Вот и Петровский замок. Красная узорчатая стена. Ворота. Проходная. Но, оказывается, не сюда надо идти, а в новый корпус. Там много собралось таких же нетерпеливых.

В широкой комнате расставлены железные койки. Постели покрыты колючими солдатскими одеялами. Ложись, отдыхай. Спрячь бумажечку со штампом и номерком. Она пригодится. С ней завтра пойдешь на медицинскую проверку.

На другой же день нашел дружков. Стало веселее. С одним познакомился в умывальнике. Попросил закурить. Разговорились. Его звать Геннадием. Красивое имя! Он из Ленинграда.

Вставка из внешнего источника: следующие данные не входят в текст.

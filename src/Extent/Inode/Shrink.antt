-- ===== src/Extent/Inode/Shrink.antt =====
-- The loop of `write_file` in inode_manager.cc that gives blocks of a file back.
use cse_2014_undergrad.Prelude.{ℕ, zero, suc, ◌+◌, ◌<◌, ◌≤◌, ◌≡◌, ◌≢◌, refl, ◌∙◌, arith}
use cse_2014_undergrad.Extent.Block.{block_num, Block, BlockManager, free_block}
use cse_2014_undergrad.Extent.Block.Room.{free_block-ne}
use cse_2014_undergrad.Extent.Inode.{ndirect}
use cse_2014_undergrad.Extent.Inode.Records.{IsInode}
use cse_2014_undergrad.Extent.Inode.File.{Open, blk, set_blk, shrink_from}
use cse_2014_undergrad.Extent.Inode.Addresses.{
  blk-set_blk_ne, set_blk-last, set_blk-type, set_blk-IsInode,
}

-- A file has lost blocks from its block `i` on; no data block and no inode has changed.
pub record IsShrunk (i : ℕ) (bm : BlockManager) (f : Open) (bm' : BlockManager) (f' : Open)
    : Type 0 where
  pub kept : (k : ℕ) → k < i → blk f' k ≡ blk f k
  pub last : f'.ino.blocks ndirect ≡ f.ino.blocks ndirect
  pub type : f'.ino.type ≡ f.ino.type
  pub valid : IsInode f.ino → IsInode f'.ino
  pub same : (id : ℕ) → 10 ≤ id → bm'.disk id ≡ bm.disk id
  pub nblocks : bm'.nblocks ≡ bm.nblocks

pub shrink_from-IsShrunk :
    (n i : ℕ) (stack : Block) (bm : BlockManager) (f : Open)
    → ((k : ℕ) → i ≤ k → k < i + n → blk f k < block_num)
    → let (bm', f') = shrink_from n i stack bm f in IsShrunk i bm f bm' f'
unfolding shrink_from
shrink_from-IsShrunk zero i stack bm f h = record {
  kept = λ k l. refl;
  last = refl;
  type = refl;
  valid = λ g. g;
  same = λ id m. refl;
  nblocks = refl;
}
shrink_from-IsShrunk (suc n) i stack bm f h =
    let other : (k : ℕ) → i ≢ k → blk (set_blk f i 0) k ≡ blk f k =
      λ k q. blk-set_blk_ne f i k 0 q in
    let g =
      shrink_from-IsShrunk n (i + 1) stack (free_block stack bm (blk f i)) (set_blk f i 0) (λ k a b.
        omega (arith, other k (λ q. omega (arith, q)), h k (omega arith) (omega arith))) in
    record {
      kept = λ k l. g.kept k (omega arith) ∙ other k (λ q. omega (arith, q));
      last = g.last ∙ set_blk-last f i 0;
      type = g.type ∙ set_blk-type f i 0;
      valid = λ q. g.valid (set_blk-IsInode f i 0 (omega arith) q);
      same = λ id m.
          g.same id m ∙ free_block-ne stack bm (blk f i) id (h i (omega arith) (omega arith)) m;
      nblocks = g.nblocks;
    }
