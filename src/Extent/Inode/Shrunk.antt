-- ===== src/Extent/Inode/Shrunk.antt =====
-- A file that loses blocks: the branch of `write_file` in inode_manager.cc for fewer blocks than before.
use cse_2014_undergrad.Prelude.{
  ℕ, ◌-◌, ◌^◌, ◌<◌, ◌≤◌, true, false, Bool, ◌≡◌, ◌≢◌, refl, sym, ap, ◌∙◌, arith, if◌then◌else◌, ltb,
  leb, ◌&&◌, Bool-cases, inl, inr, update, update_ne,
}
use cse_2014_undergrad.Extent.Block.{block_num, block_size, Block, BlockManager, free_block}
use cse_2014_undergrad.Extent.Block.Room.{free_block-ne}
use cse_2014_undergrad.Extent.Inode.{ndirect, Inode, ceil, put_inode}
use cse_2014_undergrad.Extent.Inode.Records.{IsInode}
use cse_2014_undergrad.Extent.Inode.File.{Open, blk, piece, shrink_from, write_shrunk}
use cse_2014_undergrad.Extent.Inode.Rewrite.{IsLaidOut}
use cse_2014_undergrad.Extent.Inode.Shrink.{shrink_from-IsShrunk}
use cse_2014_undergrad.Extent.Inode.Stored.{IsStored}

-- The test for giving the block of addresses back, too
abbrev loses_last : ℕ → ℕ → Bool
loses_last bc bc_new = ltb ndirect bc && leb bc_new ndirect

-- What `write_shrunk` stores
abbrev pub shrunk : Block → BlockManager → Open → ℕ → ℕ → BlockManager × Open
shrunk stack bm f bc bc_new = shrink_from (bc - bc_new) bc_new stack bm f

abbrev pub shrunk_inode : Block → ℕ → BlockManager → Open → ℕ → ℕ → ℕ → Inode
shrunk_inode stack cur bm f size bc bc_new =
    let f1 = (shrunk stack bm f bc bc_new).1 in
    record f1.ino {
      blocks = if loses_last bc bc_new then update f1.ino.blocks ndirect 0 else f1.ino.blocks;
      mtime = cur;
      ctime = cur;
      size = size;
    }

abbrev pub shrunk_disk : Block → BlockManager → Open → ℕ → ℕ → BlockManager
shrunk_disk stack bm f bc bc_new =
    let p = shrunk stack bm f bc bc_new in
    if loses_last bc bc_new then free_block stack p.0 (Inode.blocks (Open.ino p.1) ndirect) else p.0

pub write_shrunk_lem :
    (stack : Block) (cur : ℕ) (bm : BlockManager) (inum : ℕ) (f : Open) (size bc bc_new : ℕ)
    → write_shrunk stack cur bm inum f size bc bc_new
      ≡ put_inode stack
          (shrunk_disk stack bm f bc bc_new)
          inum
          (shrunk_inode stack cur bm f size bc bc_new)
unfolding write_shrunk
write_shrunk_lem stack cur bm inum f size bc bc_new = refl

cleared-ne :
    (t : Bool) (blocks : ℕ → ℕ) (k : ℕ)
    → k ≢ ndirect
    → (if t then update blocks ndirect 0 else blocks) k ≡ blocks k
cleared-ne t blocks k n = elim (Bool-cases t) [
  | inl y ↦ rw y (update_ne blocks ndirect k 0 (λ e. n (sym e)))
  | inr y ↦ rw y refl
]

cleared-lt :
    (t : Bool) (blocks : ℕ → ℕ) (k : ℕ)
    → blocks k < 2 ^ 32
    → (if t then update blocks ndirect 0 else blocks) k < 2 ^ 32
cleared-lt t blocks k h = ground arith

freed-same :
    (stack : Block) (t : Bool) (bm : BlockManager) (last id : ℕ)
    → (t ≡ true → last < block_num)
    → 10 ≤ id
    → BlockManager.disk (if t then free_block stack bm last else bm) id ≡ bm.disk id
freed-same stack t bm last id h m = elim (Bool-cases t) [
  | inl y ↦ rw y (free_block-ne stack bm last id (h y) m)
  | inr y ↦ rw y refl
]

-- The addresses of a file whose inode has been replaced
blk-replaced :
    (f f1 : Open) (ino : Inode) (k : ℕ)
    → blk f1 k ≡ blk f k
    → (k < ndirect → ino.blocks k ≡ f1.ino.blocks k)
    → blk (record { ino = ino; ind = f.ind }) k ≡ blk f k
blk-replaced f f1 ino k e h = elim (Bool-cases (ltb k ndirect)) [
  | inl y ↦ rw y (h (ground (arith, y)) ∙ rw y at e)
  | inr y ↦ rw y refl
]

-- A file that loses blocks changes the bitmap only.
pub shrunk-same :
    (stack : Block) (bm : BlockManager) (f : Open) (size id : ℕ)
    → IsLaidOut f
    → ceil size block_size < ceil f.ino.size block_size
    → 10 ≤ id
    → BlockManager.disk
        (shrunk_disk stack bm f (ceil f.ino.size block_size) (ceil size block_size))
        id
      ≡ bm.disk id
shrunk-same stack bm f size id v l m =
    let bc = ceil f.ino.size block_size in
    let bc_new = ceil size block_size in
    let (bm1, f1) = shrunk stack bm f bc bc_new in
    let d =
      shrink_from-IsShrunk (bc - bc_new) bc_new stack bm f
        (λ k p q. (v.placed k (omega arith)).1) in
    freed-same stack (loses_last bc bc_new) bm1 (f1.ino.blocks ndirect) id
      (λ y. omega (arith, d.last, (v.last_placed (ground (arith, y))).1)) m
    ∙ d.same id m

pub shrunk-IsInode :
    (stack : Block) (cur : ℕ) (bm : BlockManager) (f : Open) (size : ℕ)
    → IsLaidOut f
    → IsInode f.ino
    → cur < 2 ^ 32
    → size < 2 ^ 32
    → ceil size block_size < ceil f.ino.size block_size
    → IsInode (shrunk_inode stack cur bm f size (ceil f.ino.size block_size) (ceil size block_size))
shrunk-IsInode stack cur bm f size v g c s l =
    let bc = ceil f.ino.size block_size in
    let bc_new = ceil size block_size in
    let t = loses_last bc bc_new in
    let (bm1, f1) = shrunk stack bm f bc bc_new in
    let d =
      shrink_from-IsShrunk (bc - bc_new) bc_new stack bm f
        (λ k p q. (v.placed k (omega arith)).1) in
    let g1 = d.valid g in
    record {
      type = g1.type;
      size = s;
      atime = g1.atime;
      mtime = c;
      ctime = c;
      blocks = λ n. cleared-lt t f1.ino.blocks n (g1.blocks n);
      none_beyond =
          λ n m. cleared-ne t f1.ino.blocks n (λ e. omega (arith, e)) ∙ g1.none_beyond n m;
    }

-- The blocks that are kept hold what they held.
pub shrunk-IsStored :
    (stack : Block) (cur : ℕ) (bm : BlockManager) (f : Open) (size : ℕ) (content : Block)
    → IsLaidOut f
    → IsInode f.ino
    → cur < 2 ^ 32
    → size < 2 ^ 32
    → ceil size block_size < ceil f.ino.size block_size
    → ((k j : ℕ)
        → k < ceil size block_size
        → j < block_size
        → bm.disk (blk f k) j ≡ piece content k j)
    → (ndirect < ceil f.ino.size block_size
        → (j : ℕ) → j < block_size
        → bm.disk (f.ino.blocks ndirect) j ≡ f.ind j)
    → IsStored
        (shrunk_disk stack bm f (ceil f.ino.size block_size) (ceil size block_size))
        (record {
          ino =
              shrunk_inode stack cur bm f size (ceil f.ino.size block_size) (ceil size block_size);
          ind = f.ind;
        })
        content
shrunk-IsStored stack cur bm f size content v g c s l h a =
    let bc = ceil f.ino.size block_size in
    let bc_new = ceil size block_size in
    let t = loses_last bc bc_new in
    let (bm1, f1) = shrunk stack bm f bc bc_new in
    let d =
      shrink_from-IsShrunk (bc - bc_new) bc_new stack bm f
        (λ k p q. (v.placed k (omega arith)).1) in
    let ino = shrunk_inode stack cur bm f size bc bc_new in
    let f' : Open = record { ino = ino; ind = f.ind } in
    let few = v.few in
    let same : (id : ℕ)
        → 10 ≤ id
        → BlockManager.disk (shrunk_disk stack bm f bc bc_new) id ≡ bm.disk id =
      λ id m. shrunk-same stack bm f size id v l m in
    let at : (k : ℕ) → k < bc_new → blk f' k ≡ blk f k = λ k m.
      blk-replaced f f1 ino k (d.kept k m)
        (λ q. cleared-ne t f1.ino.blocks k (λ e. omega (arith, e))) in
    let last : ndirect < bc_new → ino.blocks ndirect ≡ f.ino.blocks ndirect =
      λ m. (let z : t ≡ false = ground arith in rw z d.last) in
    record {
      valid = shrunk-IsInode stack cur bm f size v g c s l;
      few = omega arith;
      placed = λ k m. (
        omega (arith, at k m, (v.placed k (omega arith)).0),
        omega (arith, at k m, (v.placed k (omega arith)).1),
      );
      holds = λ k j m b.
          ap (λ id. BlockManager.disk (shrunk_disk stack bm f bc bc_new) id j) (at k m)
          ∙ ap (λ q. q j) (same (blk f k) (omega (arith, (v.placed k (omega arith)).0)))
          ∙ h k j m b;
      last_placed = λ m. (
        omega (arith, last m, (v.last_placed (omega arith)).0),
        omega (arith, last m, (v.last_placed (omega arith)).1),
      );
      last_holds = λ m j b.
          ap (λ id. BlockManager.disk (shrunk_disk stack bm f bc bc_new) id j) (last m)
          ∙ ap (λ q. q j)
              (same (f.ino.blocks ndirect) (omega (arith, (v.last_placed (omega arith)).0)))
          ∙ a (omega arith) j b;
    }

-- The kind of the file, and the number of blocks of the disk
pub shrunk-kept :
    (stack : Block) (bm : BlockManager) (f : Open) (size : ℕ)
    → IsLaidOut f
    → ceil size block_size < ceil f.ino.size block_size
    → let p = shrunk stack bm f (ceil f.ino.size block_size) (ceil size block_size) in
      (Inode.type (Open.ino p.1) ≡ f.ino.type)
      × (BlockManager.nblocks
            (shrunk_disk stack bm f (ceil f.ino.size block_size) (ceil size block_size))
          ≡ bm.nblocks)
unfolding free_block
shrunk-kept stack bm f size v l =
    let bc = ceil f.ino.size block_size in
    let bc_new = ceil size block_size in
    let d =
      shrink_from-IsShrunk (bc - bc_new) bc_new stack bm f
        (λ k p q. (v.placed k (omega arith)).1) in
    (
      d.type,
      elim (Bool-cases (loses_last bc bc_new)) [ inl y ↦ rw y d.nblocks | inr y ↦ rw y d.nblocks ],
    )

Курит не по-людски: не затягиваясь. Наберет дыму за обе щеки и выпускает потихоньку сперва через рот, затем через нос. Папиросы курит сладкие, дорогие. Но ему не повезло: не прошел. Говорит, эскулапы дело застопорили.

На Геннадии — коричневые полуботинки, коричневые брюки-клеш из тонкого сукна, кремовая рубашка с закатанными выше локтей рукавами. Все новое, пахнет по-особому. А глянешь на Мишка — село селом! Пузыри на коленях, потрескавшиеся ботинки, синяя косоворотка с малиновой неяркой вышивкой на вороте и обшлагах. Отец купил ее для себя. Но отдал Мишку, раз такое дело. К тому же она ему была маловата.

Мишко комиссию прошел. И на стуле вертели, и в рот заглядывали, и в грудь стучали. Признали здоровым. Село, говорят, поставляет людей надежных.

Генка решил домой не возвращаться. Берет документы и — в авиационный институт. Даже лучше: самолеты строить все равно научится, а серую шинель таскать не придется. Он сказал, что это его устраивает: не велика радость всю жизнь провести в казарме.